Collected data
-- ===== src/Lexer/Absent.antt =====
-- Rules of src/gdbwire_mi_lexer.l that cannot match at a byte, and names.
use gdbwire.Base.{
  ℕ, zero, suc, ◌<◌, ◌≡◌, refl, ap, sym, ◌∙◌, subst, List, [], ◌∷◌, ◌++◌, Bool, true, false, ◌&&◌,
  ◌||◌, not, Bool-cases, Option, none, some, inl, inr, Bytes, take, arith, is_digit, ◌==◌,
}
use gdbwire.MiParser.Lines.{AllBytes}
use gdbwire.Lexer.{
  Token, Regex, never, empty, byte, then_, either, many, nullable, deriv, longer, longest, Rule,
  Match, matched, better, best, rules, is_letter, is_word,
}
use gdbwire.Lexer.Derivatives.{Matches}
use gdbwire.Lexer.Stays.{Only, Only-AllBytes, take_one, take-inside}
use gdbwire.Lexer.First.{starts, Matches-starts, starts_rules, Within, Acts}

-- Behind the byte nothing can follow in any match.
abbrev is_flat_regex : Regex → Bool
is_flat_regex never = true
is_flat_regex empty = true
is_flat_regex _ = false

abbrev pub is_flat : ℕ → List Rule → Bool
is_flat c [] = true
is_flat c (r ∷ rs) = is_flat_regex (deriv c r.pattern_of) && is_flat c rs

longest-flat : (r : Regex) (bs : Bytes) → is_flat_regex r ≡ true → longest r bs ≡ longest r []
unfolding longest nullable deriv
longest-flat never [] h = refl
longest-flat never (b ∷ bs) h = rw (longest-flat never bs refl) refl
longest-flat empty [] h = refl
longest-flat empty (b ∷ bs) h = rw (longest-flat never bs refl) refl
longest-flat (byte p) bs h = absurd (ground arith)
longest-flat (then_ r t) bs h = absurd (ground arith)
longest-flat (either r t) bs h = absurd (ground arith)
longest-flat (many r) bs h = absurd (ground arith)

-- A sign is picked alone, whatever follows.
pub best-flat :
    (c : ℕ) (rest : Bytes) (rs : List Rule)
    → is_flat c rs ≡ true
    → best rs (c ∷ rest) ≡ best rs (c ∷ [])
unfolding best longest
best-flat c rest [] h = refl
best-flat c rest (r ∷ rs) h =
    ap found (longest-flat (deriv c r.pattern_of) rest (ground arith))
    ∙ ap (better (matched r (c ∷ []))) (best-flat c rest rs (ground arith))
  where
    found : Option ℕ → Option Match
    found l =
        better
          (elim (longer l (nullable r.pattern_of)) as (λ _. Option Match) [
            | none ↦ none
            | some n ↦ some (n, r.action)
          ])
          (best rs (c ∷ rest))

-- A rule that cannot match at the byte.
pub absent-Within :
    (x : ℕ) (us rest : Bytes) (r : Rule) → starts r.pattern_of x ≡ false → Within (x ∷ us) rest r
absent-Within x us rest r h zero le k = omega arith
absent-Within x us rest r h (suc n) le k =
    let begins = Matches-starts r.pattern_of x (take n (us ++ rest)) k in absurd (ground arith)

pub absent-Acts :
    (x : ℕ) (us : Bytes) (a : Option Token) (r : Rule)
    → starts r.pattern_of x ≡ false
    → Acts (x ∷ us) a r
absent-Acts x us a r h k = let begins = Matches-starts r.pattern_of x us k in absurd (ground arith)

-- A rule for one byte.
pub byte-Within :
    (x : ℕ) (us rest : Bytes) (p : ℕ → Bool) (a : Option Token)
    → Within (x ∷ us) rest (record { pattern_of = byte p; action = a })
byte-Within x us rest p a n le (c, e, h) = omega (arith, (take_one x (us ++ rest) n c e le).0)

-- A rule whose matches have only bytes of `P`.
pub Only-Within :
    (P : ℕ → Type 0) (u : Bytes) (d : ℕ) (rest : Bytes) (r : Rule)
    → Only P r.pattern_of
    → ¬ P d
    → Within u (d ∷ rest) r
Only-Within P u d rest r only other n le k =
    take-inside P u d rest n other (Only-AllBytes P r.pattern_of (take n (u ++ (d ∷ rest))) only k)

abbrev pub IsWordByte : ℕ → Type 0
IsWordByte c = is_word c ≡ true

-- A name: a letter, and then letters, digits, `_` and `-`.
abbrev pub IsName : Bytes → Type 0
IsName [] = ⊥
IsName (c ∷ cs) = (is_letter c ≡ true) × AllBytes IsWordByte cs

pub many-Matches :
    (p : ℕ → Bool) (s : Bytes) → AllBytes (λ c. p c ≡ true) s → Matches (many (byte p)) s
many-Matches p [] h = ([], refl, tt)
many-Matches p (c ∷ cs) h =
    let (ls, e, k) = many-Matches p cs h.1 in ((c ∷ []) ∷ ls, ap (◌∷◌ c) e, ((c, refl, h.0), k))

abbrev pub absent : ℕ → List Bool → List Bool
absent zero fs = fs
absent (suc n) fs = false ∷ absent n fs

abbrev same_flags : List Bool → List Bool → Bool
same_flags [] [] = true
same_flags (true ∷ fs) (true ∷ gs) = same_flags fs gs
same_flags (false ∷ fs) (false ∷ gs) = same_flags fs gs
same_flags _ _ = false

same_flags_sound : (fs gs : List Bool) → same_flags fs gs ≡ true → fs ≡ gs
same_flags_sound [] [] h = refl
same_flags_sound (true ∷ fs) (true ∷ gs) h = ap (◌∷◌ true) (same_flags_sound fs gs h)
same_flags_sound (false ∷ fs) (false ∷ gs) h = ap (◌∷◌ false) (same_flags_sound fs gs h)
same_flags_sound [] (g ∷ gs) h = absurd (ground arith)
same_flags_sound (true ∷ fs) [] h = absurd (ground arith)
same_flags_sound (false ∷ fs) [] h = absurd (ground arith)
same_flags_sound (true ∷ fs) (false ∷ gs) h = absurd (ground arith)
same_flags_sound (false ∷ fs) (true ∷ gs) h = absurd (ground arith)

-- Every byte below the bound that has `p` has the flags.
pub flags_below : ℕ → (ℕ → Bool) → List Bool → Bool
flags_below zero p fs = true
flags_below (suc n) p fs = (not (p n) || same_flags (starts_rules n rules) fs) && flags_below n p fs

pub flags_below_sound :
    (n : ℕ) (p : ℕ → Bool) (fs : List Bool) (x : ℕ)
    → flags_below n p fs ≡ true
    → x < n
    → p x ≡ true
    → starts_rules x rules ≡ fs
unfolding flags_below
flags_below_sound zero p fs x h lt k = absurd (omega arith)
flags_below_sound (suc n) p fs x h lt k =
    let rest = flags_below_sound n p fs x (ground arith) in
    elim (Bool-cases (x == n)) [
      | inr other ↦ rest (ground arith) k
      | inl here ↦
          let same : x ≡ n = ground arith in
          let held : p n ≡ true = subst (λ y. p y ≡ true) same k in
          subst (λ y. starts_rules y rules ≡ fs) (sym same)
            (same_flags_sound (starts_rules n rules) fs (ground arith))
    ]

pub letter_table : flags_below 123 is_letter (absent 19 (true ∷ true ∷ false ∷ [])) ≡ true
unfolding flags_below rules nullable
letter_table = refl

pub digit_table :
    flags_below 58 is_digit (absent 17 (true ∷ false ∷ false ∷ true ∷ false ∷ [])) ≡ true
unfolding flags_below rules nullable
digit_table = refl

pub quote_flags : starts_rules b'"' rules ≡ absent 20 (true ∷ true ∷ [])
unfolding rules nullable
quote_flags = refl

pub starts_rules-take :
    (n x : ℕ) (rs : List Rule) (fs : List Bool)
    → starts_rules x rs ≡ fs
    → starts_rules x (take n rs) ≡ take n fs
starts_rules-take zero x rs fs h = refl
starts_rules-take (suc n) x [] fs h = ap (take (suc n)) h
starts_rules-take (suc n) x (r ∷ rs) [] h = absurd (ground arith)
starts_rules-take (suc n) x (r ∷ rs) (f ∷ fs) h =
    let first : starts r.pattern_of x ≡ f = ground arith in
    let rest = starts_rules-take n x rs fs (ground arith) in cc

▸ ACTION ITEM
Once you find the line with "byte-Within x us" in the entries above, output it and each line after it up to and including the line with "same_flags_sound [] [] h = refl", and nothing else.

▸ ANSWER
byte-Within x us rest p a n le (c, e, h) = omega (arith, (take_one x (us ++ rest) n c e le).0)

-- A rule whose matches have only bytes of `P`.
pub Only-Within :
    (P : ℕ → Type 0) (u : Bytes) (d : ℕ) (rest : Bytes) (r : Rule)
    → Only P r.pattern_of
    → ¬ P d
    → Within u (d ∷ rest) r
Only-Within P u d rest r only other n le k =
    take-inside P u d rest n other (Only-AllBytes P r.pattern_of (take n (u ++ (d ∷ rest))) only k)

abbrev pub IsWordByte : ℕ → Type 0
IsWordByte c = is_word c ≡ true

-- A name: a letter, and then letters, digits, `_` and `-`.
abbrev pub IsName : Bytes → Type 0
IsName [] = ⊥
IsName (c ∷ cs) = (is_letter c ≡ true) × AllBytes IsWordByte cs

pub many-Matches :
    (p : ℕ → Bool) (s : Bytes) → AllBytes (λ c. p c ≡ true) s → Matches (many (byte p)) s
many-Matches p [] h = ([], refl, tt)
many-Matches p (c ∷ cs) h =
    let (ls, e, k) = many-Matches p cs h.1 in ((c ∷ []) ∷ ls, ap (◌∷◌ c) e, ((c, refl, h.0), k))

abbrev pub absent : ℕ → List Bool → List Bool
absent zero fs = fs
absent (suc n) fs = false ∷ absent n fs

abbrev same_flags : List Bool → List Bool → Bool
same_flags [] [] = true
same_flags (true ∷ fs) (true ∷ gs) = same_flags fs gs
same_flags (false ∷ fs) (false ∷ gs) = same_flags fs gs
same_flags _ _ = false

same_flags_sound : (fs gs : List Bool) → same_flags fs gs ≡ true → fs ≡ gs
same_flags_sound [] [] h = refl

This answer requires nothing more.